All I want to do is create a simple spider based site wide search. I did this for a project in about 10 minutes using a third party hosted solution, but that’s $250/project/year and I’d rather have an in-house solution.
[LATEST UPDATE] Got it working - follow the comments to see the gotchas to look out for and how to use the utilities for testing. I'll try to wrap this craziness with some kind of simple generator, but it may be a while before I get around to it.
I have CFMX 7.0.2 so I don’t need to download the style files. I’m on Windows, so I don’t have to worry about the Linux problems. I don’t want to spend $3,000 for the standard edition of the ColdFusion Search Expansion Pack, but I can map all of my sites to http://localhost/site_name and with my architecture that works (subdirectory is OK and I don’t have any absolute URLs or SSL pages to index so I can do this), so no problems there. I can get both a batch file or a command line with the extended parameters in a .txt file using the –cmdfile syntax recommended by Adobe to create a collection successfully. I can add the collection to the CF Admin successfully and it shows 104 documents and 631KB so that is working.
But I’m getting “There was a problem executing the CFSearch tag with the following collections” with a 1705 error code. I read that Verity can require a restart after indexing, so I’ve tried that without luck.
When I have these kind of problems getting a simple search working, I feel there is something wrong. Especially when I see people like Doug Hughes (who is not a stupid person) give up in desperation and decide it would be easier to integrate Lucene (an OS Java search engine) than to run what should be a simple batch file and single command in the cf admin (plus cfsearch which I have no problems with at all for db or file based collections).
I’m also amazed how few people seem to have tried this. Doesn’t anyone need spider based search (which is fundamentally different from content item based search – each has different use cases)? There seem to be very few resources online for making this work. I’ve spend maybe 5-6 hours Googling and while I came across a fair number of links (including some old Daemon tutorials which refer to CF5 so may be out of date suggest future problems in terms of the collections from vspider not including the URLs correctly) I didn’t find anything useful for the 1705 errors.
Am I the only CF developer who’d like spider based search or did everyone just conclude vspider wasn’t up to the job and use a third party solution?! What is up with vspider?! I know Steve Erat used to be involved with Verity and Matt Woodwards blog says he uses it quite a bit, so maybe someone will be able to enlighten me on this. I’m sure it can’t be as difficult as it seems.
Related links:
Much as I like OO programming, maybe I should put a simple way to do spider based searches for Verity through the admin on my wishlist instead of all those interfaces and nulls and the like?!
[update] Isn't it sad that I am almost considering following this advice from 2001 to get around using vspider while still using Verity? It is actually quite an intelligent approach and I got most of the way through the process before I decided that in 2006 there should be a better solution (although I'm not convinced yet that I've found one!). Congrats to Michael Barr for a great article - especially given it is 5 years old and still seems to be a less bad approach than anything else I can think of!

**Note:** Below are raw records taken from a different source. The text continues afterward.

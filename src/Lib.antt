-- ===== src/Lib.antt =====
-- A model of the core of valmin, a panel that runs game servers in containers, and the theorems
-- that make it correct. Paths below are from the repository's root.
--
-- The panel keeps its state in a database. Requests are first decided by the authorization
-- function (internal/authz); long operations then run as jobs of the engine (internal/jobs), each
-- of which claims its locks and its row in one transaction (internal/store/jobs.go), moves the
-- instance along the edges of a table of states (internal/instance/state.go), and gives the locks
-- back when it finishes. The scheduler asks for jobs at the times of its schedules
-- (internal/scheduler), and may hold one until the players of a server have left. Mods are installed from the dependency closure that the resolver computes over the cached index of
-- packages (internal/mods/resolver), whose versions internal/mods/semver orders; the installer then
-- decides on each file (internal/mods/installer). Backups are kept by one retention rule here and
-- by another at a remote destination (internal/backup). New instances take the first free pair of
-- ports (internal/instance/ports.go). Clients of the event stream name what they listen to by topics
-- (internal/ws/topic.go); a hub holds their connections, each with a queue whose oldest frames may be
-- dropped and one whose frames may not (internal/ws). A scan evaluates which alert conditions are
-- true (internal/alerts), makes the stored conditions match (internal/store/alerts.go), and announces
-- each edge to the rules that cover it (internal/notify/delivery/alerts.go).
--
-- Modules, and the code that each is about:
--   Shared     text as bytes, the Go map and slice operations that the code uses (strings.Split,
--              strings.Cut, strconv.Atoi, sort.Strings, slices.Compact), and lemmas on them
--   Semver     internal/mods/semver: Parse, ParseVersion, Greater, Compare
--   Resolver   internal/mods/resolver: ParseDependency, walk, expand and what they call; a method
--              of resolveState is the function of its name with the state handed on, and helpers
--              named after the parts of a body (walk_held, expand_known) are its branches
--   Resolver.Closing    the loops of Resolve over the requests, reachable and closure
--   Resolver.Conflicts  Check
--   Kinds      internal/jobs/kind.go: the register of job kinds, ByName, the lock keys
--   Lifecycle  internal/instance/state.go, with the statements of internal/store/instances.go
--              behind SetState, HoldStateTx, FinishStartTx and FinishProvisioningTx
--   Retention  internal/backup/prune.go: Prune; internal/backup/remotecopy/retention.go: the loop of
--              markInstanceRetention, PrunedOnArrival
--   Authz      internal/authz: the actions, granted, decide, Can, Allowed, VisibleInstances
--   Jobs       internal/store/jobs.go: ClaimJobWithLocks, RenewJobLease, UpdateJobProgress,
--              UpdateJobCheckpoint, FinishJob, CancelQueuedJob, RequestJobCancel, LockHolder,
--              HeldLockKeys, StaleJobs
--   Engine     internal/jobs/engine.go: Submit, checkDiskRoom, claimHook, PrependFinish, hooked and
--              the end of run; internal/jobs/cancel.go: Cancel; on the transactions of Jobs
--   Engine.Runs   the calls of the engine on the tables, in any order
--   Scheduler  internal/store/schedules.go: DueSchedules, ScheduleByID, MarkScheduleRun,
--              DeferSchedule; internal/scheduler/scheduler.go: the memory of warnings and sends
--   Scheduler.Calendar  NextRun
--   Scheduler.Submitting  internal/scheduler/submit.go: Enqueue, and RecordSkippedRun
--   Scheduler.Tick      Tick, fire, stillDue, hold, finalWarning
--   Ports      internal/instance/ports.go: Allocate, publishedPorts, freeOn
--   Installer  internal/mods/installer/diff.go: CheckDest, Diff, ApplyUnowned, Manifest;
--              internal/mods/installer/plan.go: checkNoDuplicateDest
--   Topics     internal/ws/topic.go: Parse, String, Class, Action
--   Hub        internal/ws/conn.go: the queues of one connection: close, pushLossless, push,
--              deliverRaw, deliver
--   Hub.Writer       writeLoop, writeFrame and gapBefore
--   Hub.Subscribing  internal/ws/subscribe.go: subscribe, cut at its authorization into begin and
--              register, unsubscribe, recheck, dropInstance, sendLive, command
--   Hub.Registry     internal/ws/hub.go: add, remove, SessionRevoked, UserRevoked, Close
--   Hub.Steps        the steps of a connection, as its reader, its writer, the sources and the hub
--              take them in any order
--   Alerts     internal/alerts/condition.go, rules.go: the kinds, Defaults, RuleResolver, Matches,
--              Quiet
--   Alerts.Evaluate    internal/alerts/evaluate.go: Evaluate
--   Alerts.Conditions  internal/store/alerts.go: ReconcileConditions
--   Alerts.Dispatch    internal/store/alerts.go: MarkNotified, ResolvedUnannounced;
--              internal/notify/delivery/alerts.go: DispatchAlerts
--
-- How the code is written here. Strings are lists of bytes. A map is an association list whose
-- newest entry counts, a set the list of its keys. A second result that is false, and a nil
-- pointer, are none; errors are values of a type of the component's own. A transaction is a
-- function on the rows of its tables, and a rollback returns the rows that it was given. What a
-- component calls elsewhere is a parameter: the index of packages, the lookups of grants, the
-- hooks of a claim and a finish, which are functions on the tables other than those of the jobs,
-- the container engine, cron expressions and time zones, the binds of the network, the looks of the
-- installer at the disk and its hashes of files. Failures of the database itself are left out.
--
-- The recursion of the resolver, through walk and expand and in visit, is on fuel. One more
-- than there are packages in the index is enough, since the cycle check and the set of packages
-- seen keep a path from naming a package twice. The search for a port makes the thousand turns of the
-- source. Every other loop is over a list.
--
-- The theorems on the resolver's closure ask of the versions that requests, dependencies and
-- installed packages name that they parse, hold no at sign, which separates a name from its
-- version in a key, and spell no number in two ways, since the order of versions is none
-- where they do.
--
-- A call of the hub that waits for room in a queue has no result until there is room. Which case Go
-- picks where a select has two, and what comes in between two selects, are arguments.
--
-- Not modelled: logging, the HTTP interface, sockets and timers, the container runtime,
-- cryptography, the runners of the jobs and the recovery of those that a crash has left, the
-- submissions that the scheduler's Enqueue is given, the texts and the sending of notifications,
-- the installer's copying of files, the configuration files of mods, and the web interface.
pub mod Shared
pub mod Semver
pub mod Resolver
pub mod Kinds
pub mod Lifecycle
pub mod Retention
pub mod Authz
pub mod Jobs
pub mod Ports
pub mod Topics
pub mod Hub
pub mod Alerts
pub mod Engine
pub mod Scheduler
pub mod Installer
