-- ===== src/Shared/Maps.antt =====
-- Go maps and sets keyed by strings, as association lists and lists.
use mathlib.Core.Path.{◌≡◌, refl}
use mathlib.Core.Logic.{◌⊎◌, inl, inr}
use mathlib.Core.Bool.{Bool, true, false, ◌||◌}
use mathlib.Core.List.{List, [], ◌∷◌, ◌++◌}
use mathlib.Core.Option.{Option, none, some}
use native.Mathlib.Omega.{arith}
use valmin.Shared.Tests.{if◌then◌else◌}
use valmin.Shared.Lists.{In}
use valmin.Shared.Bytes.{Text, text_eq, text_eq_iff}

module _ {ℓ} {V : Type ℓ} where
  -- `v, ok := m[k]`.
  abbrev pub lookup : Text → List (Text × V) → Option V
  lookup k [] = none
  lookup k ((j, v) ∷ m) = if text_eq j k then some v else lookup k m

  -- `m[k] = v`.
  abbrev pub insert : Text → V → List (Text × V) → List (Text × V)
  insert k v m = (k, v) ∷ m

  pub lookup-insert :
      (k j : Text) (v : V) (m : List (Text × V))
      → lookup j (insert k v m) ≡ (if text_eq k j then some v else lookup j m)
  lookup-insert k j v m = refl

-- `slices.Contains`.
abbrev pub contains : Text → List Text → Bool
contains a [] = false
contains a (x ∷ xs) = text_eq x a || contains a xs

pub contains-In : (a : Text) (xs : List Text) → contains a xs ≡ true → In a xs
contains-In a [] h = cc
contains-In a (x ∷ xs) h = ground (arith, text_eq_iff x a, contains-In a xs)

pub In-contains : (a : Text) (xs : List Text) → In a xs → contains a xs ≡ true
In-contains a [] i = absurd i
In-contains a (x ∷ xs) (inl e) = ground (arith, text_eq_iff x a)
In-contains a (x ∷ xs) (inr i) = ground (arith, In-contains a xs i)

pub contains-append :
    (a : Text) (xs ys : List Text) → contains a (xs ++ ys) ≡ (contains a xs || contains a ys)
contains-append a [] ys = refl
contains-append a (x ∷ xs) ys = ground (arith, contains-append a xs ys)

-- What a lookup finds after an insertion is the new value at its key, or was there before.
pub insert-cases :
    {V : Type 0} (n k : Text) (h v : V) (m : List (Text × V))
    → lookup n (insert k v m) ≡ some h
    → (k ≡ n) × (v ≡ h) ⊎ (lookup n m ≡ some h)
insert-cases n k h v m p = ground (arith, text_eq_iff k n)
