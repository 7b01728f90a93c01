-- ===== src/Shared/Strings.antt =====
-- The functions of Go's `strings` and `strconv` that the program calls.
use Prim.Native.Nat.{ℕ, zero, suc, ◌+◌, ◌-◌, ◌*◌, ◌^◌}
use mathlib.Core.Path.{◌≡◌, refl}
use mathlib.Core.Logic.{◌≢◌, inl, inr}
use mathlib.Core.Bool.{Bool, ◌&&◌}
use mathlib.Core.List.{List, [], ◌∷◌, ◌++◌}
use mathlib.Core.Option.{Option, none, some}
use native.Mathlib.Omega.{arith}
use valmin.Shared.Tests.{◌==◌, leb, if◌then◌else◌, Option-cases}
use valmin.Shared.Bytes.{Text}
use valmin.Shared.Lists.{All}

-- `strings.Split(s, sep)` for a separator of one byte: at least one part.
abbrev pub push : ℕ → List Text → List Text
push c [] = (c ∷ []) ∷ []
push c (p ∷ ps) = (c ∷ p) ∷ ps

abbrev pub split : Text → ℕ → List Text
split [] sep = [] ∷ []
split (c ∷ s) sep = let rest = split s sep in if c == sep then [] ∷ rest else push c rest

-- `strings.Join` with a separator of one byte.
abbrev pub join : List Text → ℕ → Text
join [] sep = []
join (p ∷ []) sep = p
join (p ∷ q ∷ ps) sep = p ++ sep ∷ join (q ∷ ps) sep

-- `strings.Cut(s, sep)` for a separator of one byte; `none` is a separator that is not there.
abbrev pub cut : Text → ℕ → Option (Text × Text)
cut [] sep = none
cut (c ∷ s) sep =
    let rest = cut s sep in
    if c == sep then some ([], s) else elim rest [ none ↦ none | some p ↦ some (c ∷ p.0, p.1) ]

-- `n` is `pos n`, and `-(n + 1)` is `negsuc n`.
pub data ℤ : Type 0 where
  pos : ℕ → ℤ
  negsuc : ℕ → ℤ

abbrev pub is_digit : ℕ → Bool
is_digit c = leb b'0' c && leb c b'9'

abbrev pub digits_from : ℕ → Text → Option ℕ
digits_from n [] = some n
digits_from n (c ∷ s) = if is_digit c then digits_from (n * 10 + (c - b'0')) s else none

-- One decimal digit at least, and nothing else.
abbrev pub digits : Text → Option ℕ
digits [] = none
digits (c ∷ s) = digits_from 0 (c ∷ s)

abbrev pub max_int : ℕ
max_int = 2 ^ 63 - 1

abbrev pub in_range : Option ℕ → Option ℤ
in_range none = none
in_range (some n) = if leb n max_int then some (pos n) else none

abbrev pub minus : ℕ → ℤ
minus zero = pos 0
minus (suc n) = negsuc n

abbrev pub in_range_minus : Option ℕ → Option ℤ
in_range_minus none = none
in_range_minus (some n) = if leb n (max_int + 1) then some (minus n) else none

-- `strconv.Atoi`, with an error as `none`: an optional sign, then digits, in 64 bits.
abbrev pub atoi : Text → Option ℤ
atoi [] = none
atoi (c ∷ s) =
    if c == b'-'
    then in_range_minus (digits s)
    else if c == b'+'
    then in_range (digits s)
    else in_range (digits (c ∷ s))

pub split-ne-nil : (s : Text) (sep : ℕ) → split s sep ≢ []
split-ne-nil [] sep e = cc
split-ne-nil (c ∷ s) sep e = ground (arith, split-ne-nil s sep)

join-push : (c sep : ℕ) (ps : List Text) → ps ≢ [] → join (push c ps) sep ≡ c ∷ join ps sep
join-push c sep [] h = absurd (h refl)
join-push c sep (p ∷ []) h = refl
join-push c sep (p ∷ q ∷ ps) h = refl

join-empty_first : (sep : ℕ) (ps : List Text) → ps ≢ [] → join ([] ∷ ps) sep ≡ sep ∷ join ps sep
join-empty_first sep [] h = absurd (h refl)
join-empty_first sep (p ∷ ps) h = refl

-- The parts of a split, joined again, are the text.
pub join-split : (s : Text) (sep : ℕ) → join (split s sep) sep ≡ s
join-split [] sep = refl
join-split (c ∷ s) sep = ground (
  arith,
  join-split s sep,
  split-ne-nil s sep,
  join-push c sep (split s sep) (split-ne-nil s sep),
  join-empty_first sep (split s sep) (split-ne-nil s sep),
)

pub split-injective : (s t : Text) (sep : ℕ) → split s sep ≡ split t sep → s ≡ t
split-injective s t sep e = cc (join-split s sep, join-split t sep)

-- The text does not hold the byte.
abbrev pub Lacks : ℕ → Text → Type 0
Lacks b = All (λ c. c ≢ b)

pub cut-append : (p r : Text) (sep : ℕ) → Lacks sep p → cut (p ++ sep ∷ r) sep ≡ some (p, r)
cut-append [] r sep h = ground arith
cut-append (c ∷ p) r sep h = ground (arith, cut-append p r sep h.1)

pub cut-Lacks : (s : Text) (sep : ℕ) → Lacks sep s → cut s sep ≡ none
cut-Lacks [] sep h = refl
cut-Lacks (c ∷ s) sep h = ground (arith, cut-Lacks s sep h.1)

pub cut-none : (s : Text) (sep : ℕ) → cut s sep ≡ none → Lacks sep s
cut-none [] sep h = tt
cut-none (c ∷ s) sep h = ground (arith, cut-none s sep)

-- The text is what stands before the first separator, the separator and the rest.
pub cut-some :
    (s : Text) (sep : ℕ) (p : Text × Text)
    → cut s sep ≡ some p
    → (s ≡ p.0 ++ sep ∷ p.1) × Lacks sep p.0
cut-some [] sep p h = cc
cut-some (c ∷ s) sep p h = elim (Option-cases (cut s sep)) [
  | inl e ↦ ground (arith)
  | inr (q, e) ↦ ground (arith, cut-some s sep q e)
]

[update 2] I was thinking for a very short time of writing my own spider until I realized that a single threaded language with sedate performance was not exactly the development platform for a spider (it would work for small sites, but writing a real spider is pretty non trivial). Still for anyone who wants to try, here is a "spider writing 101 article which covers some of the very basic features you need to write your own spider in .net. If you want to see why this is a bad idea, look at the configuration settings available for vspider and you'll get an idea of the kind of capabilities you'd have to write. Still, cool article anyway.
[update 3] Another sufferer. At least she got far enough that CFSearch returned (useless) results. Believe the Daemon article above speaks to her problem. [new update] Appears this was fixed in hotfix 3 in MX 7 according to this page (search for vspider).
[update 4] Someone ran into another issue moving 6 to 7 with the CF search not accepting a full path. Unfortunately I was already just putting the collection name in, so that wasn't my problem.